*TASK ITEM*
Find every line below where the string "fits" shows up, and copy those lines.

-- MATERIAL PROVIDED follows --

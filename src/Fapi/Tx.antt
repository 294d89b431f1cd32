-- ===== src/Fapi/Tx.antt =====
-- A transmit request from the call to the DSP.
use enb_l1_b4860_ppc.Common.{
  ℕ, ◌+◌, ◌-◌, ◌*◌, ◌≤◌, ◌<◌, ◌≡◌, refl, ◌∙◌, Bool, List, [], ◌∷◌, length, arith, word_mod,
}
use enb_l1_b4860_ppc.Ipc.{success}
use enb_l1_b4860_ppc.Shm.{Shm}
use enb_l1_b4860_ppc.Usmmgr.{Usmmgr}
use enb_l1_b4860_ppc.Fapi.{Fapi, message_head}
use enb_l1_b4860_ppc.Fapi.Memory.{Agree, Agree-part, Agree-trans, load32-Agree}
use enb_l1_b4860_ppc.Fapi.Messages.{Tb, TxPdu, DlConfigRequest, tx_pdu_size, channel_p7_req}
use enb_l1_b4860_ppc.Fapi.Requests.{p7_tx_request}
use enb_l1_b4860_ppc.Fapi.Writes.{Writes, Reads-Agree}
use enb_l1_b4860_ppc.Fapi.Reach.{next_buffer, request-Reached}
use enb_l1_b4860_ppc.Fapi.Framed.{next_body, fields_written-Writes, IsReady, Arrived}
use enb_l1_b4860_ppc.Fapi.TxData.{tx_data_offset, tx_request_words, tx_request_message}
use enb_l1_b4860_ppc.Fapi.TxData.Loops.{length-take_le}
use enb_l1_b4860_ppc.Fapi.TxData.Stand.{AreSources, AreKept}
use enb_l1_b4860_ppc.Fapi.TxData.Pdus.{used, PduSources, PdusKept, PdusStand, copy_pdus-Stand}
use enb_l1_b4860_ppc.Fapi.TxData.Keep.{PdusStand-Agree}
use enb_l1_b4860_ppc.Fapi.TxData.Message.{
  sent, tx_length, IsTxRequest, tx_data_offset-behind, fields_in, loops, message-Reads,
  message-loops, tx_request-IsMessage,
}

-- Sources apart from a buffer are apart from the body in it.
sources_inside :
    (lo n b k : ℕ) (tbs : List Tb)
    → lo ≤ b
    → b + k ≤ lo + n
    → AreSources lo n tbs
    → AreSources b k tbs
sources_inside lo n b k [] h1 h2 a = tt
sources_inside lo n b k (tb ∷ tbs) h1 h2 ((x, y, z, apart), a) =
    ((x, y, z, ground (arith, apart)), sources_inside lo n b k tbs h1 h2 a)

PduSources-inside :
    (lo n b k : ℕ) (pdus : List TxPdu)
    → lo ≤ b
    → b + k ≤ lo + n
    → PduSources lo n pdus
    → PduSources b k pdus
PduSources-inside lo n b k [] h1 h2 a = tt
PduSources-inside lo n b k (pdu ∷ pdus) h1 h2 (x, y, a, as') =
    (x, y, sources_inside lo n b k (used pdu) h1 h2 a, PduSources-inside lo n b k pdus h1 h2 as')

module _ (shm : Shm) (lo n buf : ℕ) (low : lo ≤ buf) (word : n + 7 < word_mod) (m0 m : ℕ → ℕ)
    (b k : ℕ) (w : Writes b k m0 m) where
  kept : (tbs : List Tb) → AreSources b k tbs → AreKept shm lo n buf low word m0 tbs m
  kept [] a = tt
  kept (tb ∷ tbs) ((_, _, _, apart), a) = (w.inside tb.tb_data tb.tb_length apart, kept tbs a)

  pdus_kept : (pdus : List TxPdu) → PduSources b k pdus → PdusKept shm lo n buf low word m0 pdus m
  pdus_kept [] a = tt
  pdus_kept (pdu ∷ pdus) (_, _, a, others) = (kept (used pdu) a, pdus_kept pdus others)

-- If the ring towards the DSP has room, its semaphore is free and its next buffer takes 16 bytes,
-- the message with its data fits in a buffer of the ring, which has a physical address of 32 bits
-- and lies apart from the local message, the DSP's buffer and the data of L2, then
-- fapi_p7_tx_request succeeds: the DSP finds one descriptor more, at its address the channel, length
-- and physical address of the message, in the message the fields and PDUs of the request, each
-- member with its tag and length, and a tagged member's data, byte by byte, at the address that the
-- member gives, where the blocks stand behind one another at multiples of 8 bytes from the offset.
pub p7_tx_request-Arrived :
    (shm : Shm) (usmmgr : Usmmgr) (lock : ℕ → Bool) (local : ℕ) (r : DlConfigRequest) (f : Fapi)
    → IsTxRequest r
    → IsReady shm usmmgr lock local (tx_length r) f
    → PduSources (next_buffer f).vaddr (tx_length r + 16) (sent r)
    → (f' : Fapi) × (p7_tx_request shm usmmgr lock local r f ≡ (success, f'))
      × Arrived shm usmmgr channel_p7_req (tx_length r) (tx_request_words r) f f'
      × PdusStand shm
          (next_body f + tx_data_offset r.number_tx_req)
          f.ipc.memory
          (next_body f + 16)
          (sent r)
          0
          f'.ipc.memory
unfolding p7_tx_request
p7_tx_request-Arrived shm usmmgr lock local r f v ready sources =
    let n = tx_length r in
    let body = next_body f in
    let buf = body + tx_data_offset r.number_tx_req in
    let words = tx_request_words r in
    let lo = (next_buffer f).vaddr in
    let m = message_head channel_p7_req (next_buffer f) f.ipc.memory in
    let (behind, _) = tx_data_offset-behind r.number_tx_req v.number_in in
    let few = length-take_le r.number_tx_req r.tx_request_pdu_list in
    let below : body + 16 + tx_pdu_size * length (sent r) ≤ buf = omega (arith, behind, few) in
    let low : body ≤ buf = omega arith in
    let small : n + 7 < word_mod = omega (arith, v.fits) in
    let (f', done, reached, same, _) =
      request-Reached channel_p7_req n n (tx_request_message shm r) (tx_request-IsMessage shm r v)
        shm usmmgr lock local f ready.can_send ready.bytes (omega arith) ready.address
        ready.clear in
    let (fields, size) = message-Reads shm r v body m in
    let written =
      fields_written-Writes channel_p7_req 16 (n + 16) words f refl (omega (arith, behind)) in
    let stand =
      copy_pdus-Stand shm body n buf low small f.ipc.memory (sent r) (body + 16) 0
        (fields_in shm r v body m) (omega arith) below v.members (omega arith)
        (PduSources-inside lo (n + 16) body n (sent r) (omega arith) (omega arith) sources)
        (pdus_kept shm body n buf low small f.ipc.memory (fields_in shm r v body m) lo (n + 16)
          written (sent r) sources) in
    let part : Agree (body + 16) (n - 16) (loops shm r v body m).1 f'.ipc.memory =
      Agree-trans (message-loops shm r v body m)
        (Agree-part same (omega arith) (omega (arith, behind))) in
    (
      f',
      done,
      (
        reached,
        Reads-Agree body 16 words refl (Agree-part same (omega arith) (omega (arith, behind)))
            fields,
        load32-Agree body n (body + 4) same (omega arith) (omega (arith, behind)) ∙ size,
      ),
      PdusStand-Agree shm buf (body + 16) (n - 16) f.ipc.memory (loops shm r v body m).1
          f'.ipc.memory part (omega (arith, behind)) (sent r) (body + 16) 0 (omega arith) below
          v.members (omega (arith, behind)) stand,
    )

-- MATERIAL PROVIDED concluded --

*ANSWER FOR THIS EXERCISE*
-- the message with its data fits in a buffer of the ring, which has a physical address of 32 bits
    let small : n + 7 < word_mod = omega (arith, v.fits) in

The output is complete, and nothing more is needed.